> _Assignment_
Your answer is one number: the count of lines below that hold the word "record".

Saved entries:

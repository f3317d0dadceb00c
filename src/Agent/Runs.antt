-- ===== src/Agent/Runs.antt =====
-- chipchamp/agent/runstate.py: `WorkspaceLedger`, and the part of `RunState` that watches for a
-- simulation that fails the same way again and again. A set is a list; a message of the transcript
-- keeps its role and its content, and the ledger's text is a parameter.
pub mod Files
use chipchamp.Prelude.{
  ℕ, ◌+◌, Bool, true, false, not, ◌&&◌, ◌||◌, Option, none, some, List, [], ◌∷◌, ◌++◌, leb,
  if◌then◌else◌,
}
use chipchamp.Text.{Text, codes, text_eq, starts_with, is_empty, any}

pub record WorkspaceLedger : Type 0 where
  pub authored : List Text
  pub deleted : List Text
  pub epoch : ℕ
  pub active : Bool

abbrev pub new_ledger : WorkspaceLedger
new_ledger = record { authored = []; deleted = []; epoch = 0; active = false }

abbrev pub member : Text → List Text → Bool
member p ps = any (λ q. text_eq p q) ps

-- `s.add(p)` and `s.discard(p)`
abbrev pub add : Text → List Text → List Text
add p ps = if member p ps then ps else p ∷ ps

abbrev pub discard : Text → List Text → List Text
discard p [] = []
discard p (q ∷ qs) = let rest = discard p qs in if text_eq p q then rest else q ∷ rest

pub wrote : WorkspaceLedger → Text → WorkspaceLedger
wrote l [] = l
wrote l (c ∷ s) = record l {
  authored = add (c ∷ s) l.authored;
  deleted = discard (c ∷ s) l.deleted;
}

pub removed : WorkspaceLedger → Text → WorkspaceLedger
removed l [] = l
removed l (c ∷ s) = record l {
  authored = discard (c ∷ s) l.authored;
  deleted = add (c ∷ s) l.deleted;
}

pub bump : WorkspaceLedger → WorkspaceLedger
bump l = record l { epoch = l.epoch + 1 }

pub dirty : WorkspaceLedger → Bool
dirty l = not (is_empty l.authored) || not (is_empty l.deleted)

pub record Message : Type 0 where
  pub role : Text
  pub content : Text

abbrev pub ledger_tag : Text
ledger_tag = codes "[workspace ledger]"

pub is_ledger : Message → Bool
is_ledger m = text_eq m.role (codes "user") && starts_with m.content ledger_tag

pub strip : List Message → List Message
strip [] = []
strip (m ∷ ms) = let rest = strip ms in if is_ledger m then rest else m ∷ rest

-- `render` puts its text behind the tag.
pub render : Text → Message
render rest = record { role = codes "user"; content = ledger_tag ++ rest }

pub refresh : List Message → Text → List Message
refresh ms rest = strip ms ++ render rest ∷ []

-- `sim_sig`, its count, and the signatures that were taught
abbrev pub Signature : Type 0
Signature = Text × Text

pub record RunState : Type 0 where
  pub sim_sig : Option Signature
  pub sim_sig_count : ℕ
  pub sim_sigs_nudged : List Signature

abbrev pub sig_eq : Signature → Signature → Bool
sig_eq a b = text_eq a.0 b.0 && text_eq a.1 b.1

abbrev pub same_sig : Signature → Option Signature → Bool
same_sig a none = false
same_sig a (some b) = sig_eq a b

pub saw_sim_signature : RunState → Option Signature → Bool → RunState
saw_sim_signature s (some sig) job_passed =
    if same_sig sig s.sim_sig
    then record s { sim_sig_count = s.sim_sig_count + 1 }
    else record s { sim_sig = some sig; sim_sig_count = 1 }
saw_sim_signature s none true = record s { sim_sig = none; sim_sig_count = 0 }
saw_sim_signature s none false = s

abbrev suspect_of : Option Signature → ℕ → List Signature → Bool
suspect_of none count nudged = false
suspect_of (some sig) count nudged = leb 3 count && not (any (λ s. sig_eq sig s) nudged)

pub oracle_suspect : RunState → Bool
oracle_suspect s = suspect_of s.sim_sig s.sim_sig_count s.sim_sigs_nudged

> _Result_
11